Look through the records below for the line with "strip_hop_by_hop h = add_all". Return that line and each one after it up to and including the line with "unfoldable pub parse_cache_control", exactly.

** Opening Data for this exercise block **

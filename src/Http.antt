-- ===== src/Http.antt =====
-- The headers of an HTTP message (common/http_util.cpp): a list of entries under canonical keys, and
-- the functions that read tokens and directives from their values.
pub mod Policy
pub mod Laws
pub mod Stripped
pub mod Canonical
pub mod Directives
use studio_bondage_club.Prelude.{
  ℕ, ◌-◌, Bool, true, false, not, ◌&&◌, ◌||◌, Option, none, some, List, [], ◌∷◌, ◌++◌, String, Str,
  codes, ◌==◌, leb, length, any, reject, map, if◌then◌else◌, str_eq, is_empty, is_space, to_lower,
  to_upper, trim_by, split, cut, reverse,
}

abbrev pub HeaderMap : Type 0
HeaderMap = List (Str × Str)

unfoldable pub trim : Str → Str
unfolding trim_by is_space
trim s = trim_by is_space s

-- The loop of `canonical_header_key`, with its flag.
unfoldable pub canonical_from : Bool → Str → Str
canonical_from upper_next [] = []
canonical_from upper_next (c ∷ s) =
    let d = if upper_next then to_upper c else to_lower c in d ∷ canonical_from (d == b'-') s

unfoldable pub canonical_header_key : Str → Str
unfolding canonical_from
canonical_header_key key = canonical_from true key

first_value : Str → HeaderMap → Str
first_value ck [] = []
first_value ck (e ∷ es) = if str_eq e.0 ck then e.1 else first_value ck es

unfoldable pub get : Str → HeaderMap → Str
unfolding first_value
get key h = first_value (canonical_header_key key) h

all_values : Str → HeaderMap → List Str
all_values ck [] = []
all_values ck (e ∷ es) = let rest = all_values ck es in if str_eq e.0 ck then e.1 ∷ rest else rest

unfoldable pub values : Str → HeaderMap → List Str
unfolding all_values
values key h = all_values (canonical_header_key key) h

unfoldable pub has : Str → HeaderMap → Bool
has key h = any (λ e. str_eq e.0 (canonical_header_key key)) h

unfoldable pub remove : Str → HeaderMap → HeaderMap
remove key h = reject (λ e. str_eq e.0 (canonical_header_key key)) h

unfoldable pub add : Str → Str → HeaderMap → HeaderMap
add key value h = h ++ (canonical_header_key key, value) ∷ []

unfoldable pub set : Str → Str → HeaderMap → HeaderMap
set key value h = add key value (remove key h)

unfoldable pub set_if_absent : Str → Str → HeaderMap → HeaderMap
set_if_absent key value h = if has key h then h else add key value h

unfoldable pub iequals : Str → Str → Bool
iequals [] [] = true
iequals (c ∷ s) (d ∷ t) = to_lower c == to_lower d && iequals s t
iequals [] (d ∷ t) = false
iequals (c ∷ s) [] = false

unfoldable pub header_contains_token : Str → Str → Bool
header_contains_token header token = any (λ part. iequals (trim part) token) (split b',' header)

abbrev pub hop : List Str
hop =
    codes "Connection"
    ∷ codes "Proxy-Connection"
    ∷ codes "Keep-Alive"
    ∷ codes "Proxy-Authenticate"
    ∷ codes "Proxy-Authorization"
    ∷ codes "Te"
    ∷ codes "Trailer"
    ∷ codes "Transfer-Encoding"
    ∷ []

unfoldable pub is_hop_by_hop : Str → Bool
is_hop_by_hop key = any (iequals key) hop

-- The tokens that the values of `Connection` list.
unfoldable pub connection_tokens : List Str → List Str
connection_tokens [] = []
connection_tokens (v ∷ vs) = reject is_empty (map trim (split b',' v)) ++ connection_tokens vs

unfoldable pub is_stripped : HeaderMap → Str × Str → Bool
is_stripped h e =
    is_hop_by_hop e.0
    || any (λ t. iequals t e.0) (connection_tokens (values (codes "Connection") h))

unfoldable pub add_all : HeaderMap → HeaderMap → HeaderMap
add_all h [] = h
add_all h (e ∷ es) = add_all (add e.0 e.1 h) es

unfoldable pub strip_hop_by_hop : HeaderMap → HeaderMap
strip_hop_by_hop h = add_all [] (reject (is_stripped h) h)

-- The directives of `Cache-Control`, the last of a name prevailing.
unfoldable pub assign : Str → Str → List (Str × Str) → List (Str × Str)
assign name v [] = (name, v) ∷ []
assign name v (e ∷ es) =
    let rest = assign name v es in if str_eq e.0 name then (name, v) ∷ es else e ∷ rest

unfoldable pub directive : Str → List (Str × Str) → Option Str
directive name [] = none
directive name (e ∷ es) = let rest = directive name es in if str_eq e.0 name then some e.1 else rest

unquote_back : Str → Str → Str
unquote_back s [] = b'"' ∷ s
unquote_back s (d ∷ t) = if d == b'"' then reverse t else b'"' ∷ s

-- Quotes around a value are dropped.
unfoldable pub unquote : Str → Str
unfolding unquote_back
unquote [] = []
unquote (c ∷ s) = if c == b'"' then unquote_back s (reverse s) else c ∷ s

name_value : Str → Option (Str × Str) → Str × Str
name_value part none = (map to_lower part, [])
name_value part (some e) = (map to_lower (trim e.0), unquote (trim e.1))

unfoldable pub add_parts : List Str → List (Str × Str) → List (Str × Str)
unfolding name_value
add_parts [] out = out
add_parts (p ∷ ps) out =
    let part = trim p in
    let d = name_value part (cut b'=' part) in
    add_parts ps (if is_empty part then out else assign d.0 d.1 out)

unfoldable pub parse_values : List Str → List (Str × Str) → List (Str × Str)
parse_values [] out = out
parse_values (v ∷ vs) out = parse_values vs (add_parts (split b',' v) out)

unfoldable pub parse_cache_control : List Str → List (Str × Str)
parse_cache_control vs = parse_values vs []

** Closing Data for this exercise block **

Answer to the problem
strip_hop_by_hop h = add_all [] (reject (is_stripped h) h)

-- The directives of `Cache-Control`, the last of a name prevailing.
unfoldable pub assign : Str → Str → List (Str × Str) → List (Str × Str)
assign name v [] = (name, v) ∷ []
assign name v (e ∷ es) =
    let rest = assign name v es in if str_eq e.0 name then (name, v) ∷ es else e ∷ rest

unfoldable pub directive : Str → List (Str × Str) → Option Str
directive name [] = none
directive name (e ∷ es) = let rest = directive name es in if str_eq e.0 name then some e.1 else rest

unquote_back : Str → Str → Str
unquote_back s [] = b'"' ∷ s
unquote_back s (d ∷ t) = if d == b'"' then reverse t else b'"' ∷ s

-- Quotes around a value are dropped.
unfoldable pub unquote : Str → Str
unfolding unquote_back
unquote [] = []
unquote (c ∷ s) = if c == b'"' then unquote_back s (reverse s) else c ∷ s

name_value : Str → Option (Str × Str) → Str × Str
name_value part none = (map to_lower part, [])
name_value part (some e) = (map to_lower (trim e.0), unquote (trim e.1))

unfoldable pub add_parts : List Str → List (Str × Str) → List (Str × Str)
unfolding name_value
add_parts [] out = out
add_parts (p ∷ ps) out =
    let part = trim p in
    let d = name_value part (cut b'=' part) in
    add_parts ps (if is_empty part then out else assign d.0 d.1 out)

unfoldable pub parse_values : List Str → List (Str × Str) → List (Str × Str)
parse_values [] out = out
parse_values (v ∷ vs) out = parse_values vs (add_parts (split b',' v) out)

unfoldable pub parse_cache_control : List Str → List (Str × Str)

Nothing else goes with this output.